Villa Salviati, in via Bolognese, a Firenze, sede del vertice (Foto da Wikipedia)

ROMA – Nell’ambito del G20, si svolgerà a Firenze, giovedì 23 settembre, a Villa Salviati, sulla via Bolognese, il vertice internazionale sulla pandemia da covid 19. Obiettivo?Implementare la medicina di genere con l’obiettivo di mettere al centro la persona con le sue esperienze passate e presenti è considerato l’unico modo per arrivare all’equità della tutela della salute. Un passo per arginare la pandemia e le conseguenze dell’isolamento mediante azioni condivise ed inclusive superando l’androcentrismo imperante in medicina e tenendo delle specifiche necessita’ delle donne e degli uomini attraverso una ricerca sensibile al genere capace di produrre uno sviluppo produttivo circolare e attento ai temi ambientali.

Sono, quelli elencati, alcuni temi dell’incontro organizzato dal Women 20 e FMA del Parlamento europeo che si svolgera’ presso la Sala del Consiglio a Villa Salviati a Firenze giovedi’ 23 settembre alle ore 13 e che potra’ essere seguito in live streaming sul profilo youtube dell’Istituto Universitario Europeo EUI e sui profili social del W20. Daranno il via ai lavori la Ministra per le Pari Opportunità e la Famiglia, Elena Bonetti; la Vice Sindaca di Firenze, Alessia Bettini; il Segretario Generale dell’Istituto Universitario Europeo (EUI), Marco Del Panta; il Direttore dell’Archivio Storico dell’Unione Europea (HAEU), Dieter Schlenker; il Presidente FMA e gia’ Presidente del Parlamento europeo, Hans-Gert Pottering; la capo delegazione W20 Italia, Elvira Marasco e la Sherpa W20 Martina Rogato.

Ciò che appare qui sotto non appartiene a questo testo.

-- ===== src/Lifecycle/Invariant/Budgets.antt =====
-- Every step but a replay of DEAD tasks keeps the attempts of each task within its maximum.
use run_mesh.Base.{
  Bool, Bool-cases, inl, inr, some, List, [], ◌∷◌, subst, ◌<◌, ℕ, String, true, ◌&&◌, ◌≡◌, refl,
  sym, ap, ◌∙◌, Option, ok, arith, str_eq, text_is, ◌==◌, ==_iff, if◌then◌else◌,
}
use run_mesh.Base.Tables.{find?, find?-All, update_where}
use run_mesh.Store.Db.{Db, Env, TaskRun}
use run_mesh.Lifecycle.Rows.{OnlyRow, find?-OnlyRow, All-trivial}
use run_mesh.Lifecycle.Effects.{lease_task-effect, start_task-effect, heartbeat_task-effect}
use run_mesh.Lifecycle.Effects.Outcomes.{complete_task-effect, fail_task-effect}
use run_mesh.Lifecycle.Effects.Runs.{cancel_run-effect, retry_run-effect}
use run_mesh.Lifecycle.Effects.Scheduler.{
  release_retries-effect, recover_one-effect, dispatch_one-effect,
}
use run_mesh.Lifecycle.Step.{
  WorkStep, lease, start, heartbeat, complete, fail, cancel, release, recover, dispatch,
}
use run_mesh.Lifecycle.Invariant.{BudgetIsValid}
use run_mesh.Lifecycle.Invariant.Rows
use run_mesh.Lifecycle.Invariant.Tables.{
  Table, Table-update, Table-update_all, become, Table-cancel_if,
}
use run_mesh.Store.Outcomes.{available_after, failure_status}
use run_mesh.Scheduler.Tick.{expired_status}
use run_mesh.Store.Runs.{retry_run, retry_row, is_dead_in}
use run_mesh.Workflow.State.{is, dead, ready}

task_picked :
    (task : ℕ) (worker : String) (x : TaskRun)
    → (x.id == task && text_is x.lease_owner worker) ≡ true
    → x.id ≡ task
task_picked task worker x h = ground arith

-- Every committed transaction of a worker or the scheduler, and every cancellation of a run, keeps
-- task ids unique and keeps each task within its maximum of attempts, with one left if it waits to
-- run, provided that this held before. A recovered row is as it was read when its lease was found
-- expired.
pub WorkStep-Budget :
    {db db' : Db} → WorkStep db db' → Table BudgetIsValid db.tasks → Table BudgetIsValid db'.tasks
WorkStep-Budget {db} {db'} (lease env task worker duration r h) t =
    let e = (lease_task-effect env task worker duration db).at (r, db') h in
    become BudgetIsValid _ _ e.after.tasks (
      Table-update_all BudgetIsValid _ _ db.tasks (λ x. (refl, refl))
        (Rows.lease_row-Budget env worker task duration) t)
WorkStep-Budget {db} {db'} (start env task worker r h) t =
    let e = (start_task-effect env task worker db).at (r, db') h in
    become BudgetIsValid _ _ e.after.tasks (
      Table-update_all BudgetIsValid _ _ db.tasks (λ x. (refl, refl))
        (λ x b hit. (b.0, λ h. absurd (cc))) t)
WorkStep-Budget {db} {db'} (heartbeat env task worker duration r h) t =
    let e = (heartbeat_task-effect env task worker duration db).at (r, db') h in
    become BudgetIsValid _ _ e.after.tasks
      (Table-update_all BudgetIsValid _ _ db.tasks (λ x. (refl, refl)) (λ x b _. b) t)
WorkStep-Budget {db} {db'} (complete env task worker output uri logs r h) t =
    let e = (complete_task-effect env task worker output uri logs db).at (r, db') h in
    become BudgetIsValid _ _ e.tasks (
      Table-update_all BudgetIsValid _ _ _ (λ x. (refl, refl))
        (λ x v hit. Rows.ready_row-Budget env x v (ground arith))
        (Table-update_all BudgetIsValid _ _ db.tasks (λ x. (refl, refl))
          (λ x b _.
            Rows.succeed_row-Budget env worker (if str_eq output "" then "{}" else output) uri x b)
          t))
WorkStep-Budget {db} {db'} (fail env task worker f r h) (unique, budgets) =
    let e = (fail_task-effect env task worker f db).at (r, db') h in
    let picked : e.held.id ≡ task =
      let (hit, _) =
        find?-All (λ _. Unit {0}) _ db.tasks e.held e.fenced.row (All-trivial db.tasks) in
      ground arith in
    become BudgetIsValid _ _ e.tasks (
      Table-cancel_if BudgetIsValid env _ _ _ (λ x b _. Rows.cancel_row-Budget env x b)
        (Table-update BudgetIsValid (OnlyRow e.held) _ _ db.tasks
          (find?-OnlyRow _ db.tasks e.held e.fenced.row unique) (λ x. (refl, refl))
          (λ x b only hit.
            let same = only (task_picked task worker x hit ∙ sym picked) in
            Rows.fail_row-Budget env e.run.status f.retryable e.held.attempt_count
              e.held.maximum_attempts
              (available_after env
                (failure_status e.run.status f.retryable e.held.attempt_count
                  e.held.maximum_attempts)
                e.held.attempt_count)
              x b (ap (λ (y : TaskRun). y.attempt_count) same)
              (ap (λ (y : TaskRun). y.maximum_attempts) same))
          (unique, budgets)))
WorkStep-Budget {db} {db'} (cancel env tenant user run u h) t =
    let e = (cancel_run-effect env tenant user run db).at (u, db') h in
    become BudgetIsValid _ _ e.tasks (
      Table-cancel_if BudgetIsValid env run true db.tasks (λ x b _. Rows.cancel_row-Budget env x b)
        t)
WorkStep-Budget {db} {db'} (release env h) t =
    become BudgetIsValid _ _
      (ap (λ (d : Db). d.tasks) (sym h) ∙ (release_retries-effect env db).tasks)
      (Table-update_all BudgetIsValid _ _ db.tasks (λ x. (refl, refl)) (Rows.release_row-Budget env)
        t)
WorkStep-Budget {db} {db'} (recover env e current h) t =
    become BudgetIsValid _ _
      (ap (λ (d : Db). d.tasks) (sym h) ∙ (recover_one-effect env e db).tasks)
      (Table-update BudgetIsValid _ _ _ db.tasks current.rows (λ x. (refl, refl))
        (λ x b now hit.
          let (_, attempt, max) = now ((==_iff x.id e.id).0 hit) in
          Rows.fail_row-Budget env e.run_status true e.attempt e.max
            (available_after env (expired_status e) e.attempt) x b attempt max)
        t)
WorkStep-Budget {db} {db'} (dispatch env d h) t =
    become BudgetIsValid _ _
      (ap (λ (d : Db). d.tasks) (sym h) ∙ (dispatch_one-effect env d db).tasks)
      (Table-update_all BudgetIsValid _ _ db.tasks (λ x. (refl, refl))
        (Rows.dispatch_row-Budget env d.id) t)

-- What an UPDATE does to the row of a key that it leaves.
find?-update_where :
    (id : ℕ) (q : TaskRun → Bool) (f : TaskRun → TaskRun) (xs : List TaskRun) (x : TaskRun)
    → ((y : TaskRun) → (f y).id ≡ y.id)
    → find? (λ t. t.id == id) xs ≡ some x
    → q x ≡ true
    → find? (λ t. t.id == id) (update_where q f xs) ≡ some (f x)
unfolding find? update_where
find?-update_where id q f [] x same h hit = absurd (cc)
find?-update_where id q f (y ∷ ys) x same h hit =
    let kept : (if q y then f y else y).id ≡ y.id = elim (Bool-cases (q y)) [
      | inl set ↦ rw set (same y)
      | inr left ↦ rw left refl
    ] in
    elim (Bool-cases (y.id == id)) [
      | inl found ↦
          let is_x : y ≡ x = ground arith in
          let picked : q y ≡ true = ap q is_x ∙ hit in
          let row : (if q y then f y else y) ≡ f x = rw picked (ap f is_x) in
          rw (kept, found) (ap some row)
      | inr other ↦
          let rest = find?-update_where id q f ys x same (ground arith) hit in rw (kept, other) rest
    ]

-- After a retry of a FAILED run, a task of the run that was DEAD is READY with an attempt left, and every
-- task is within its maximum of attempts, with one left if it waits to run, provided that the latter
-- held before. The task is the first row with its id.
pub retry_run-revives :
    (env : Env) (tenant : ℕ) (user : Option ℕ) (run : ℕ) (db db' : Db) (id : ℕ) (x : TaskRun)
    → retry_run env tenant user run db ≡ ok (tt, db')
    → Table BudgetIsValid db.tasks
    → find? (λ t. t.id == id) db.tasks ≡ some x
    → x.workflow_run_id ≡ run
    → is x.status dead ≡ true
    → Table BudgetIsValid db'.tasks
      × ((y : TaskRun) × (find? (λ t. t.id == id) db'.tasks ≡ some y)
          × (is y.status ready ≡ true)
          × (y.attempt_count < y.maximum_attempts))
retry_run-revives env tenant user run db db' id x h t found of_run is_dead =
    let e = (retry_run-effect env tenant user run db).at (tt, db') h in
    (
      become BudgetIsValid _ _ e.tasks (
          Table-update_all BudgetIsValid _ _ db.tasks (λ x. (refl, refl))
            (λ x _ _. Rows.retry_row-Budget env x) t),
      (
        retry_row env x,
        subst (λ ts. find? (λ t. t.id == id) ts ≡ some (retry_row env x)) (sym e.tasks)
            (find?-update_where id (is_dead_in run) (retry_row env) db.tasks x (λ y. refl) found
              (ground arith)),
        refl,
        ground arith,
      ),
    )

Parteciperanno al dibattito: Patrick Child, Vicedirettore generale, DG Ricerca e Innovazione della Commissione Europea; Domenec Ruiz Devesa, Membro del Parlamento Europeo, Enrique Baro’n Crespo, Presidente di Ars Pace – Cancelliere dell’Universita’ delle Nazioni Unite per la Pace, gia’ Presidente del Parlamento Europeo; Lana Nusseibeh, Rappresentante Permanente degli Emirati Arabi Uniti presso le Nazioni Unite; Vera Regitz-Zagrosek, Fondatrice dell’Institute of Gender in Medicine alla Charite’ Universitatsmedizin Berlin e docente all’Universita’ di Zurigo; Thoraya Obaid, Chair W20 Arabia Saudita e Jessica N. Widjaja, Capo delegazione W20 Indonesia. Il lavoro conclusivo coordinato da Flavia Franconi, Responsabile di Equity in Health Commission, e Monica Baldi, Vicepresidente FMA, ha prodotto la Charta de Florentia che sara’ presentata alla fine del convegno con le raccomandazioni rivolte ai Governi del G20.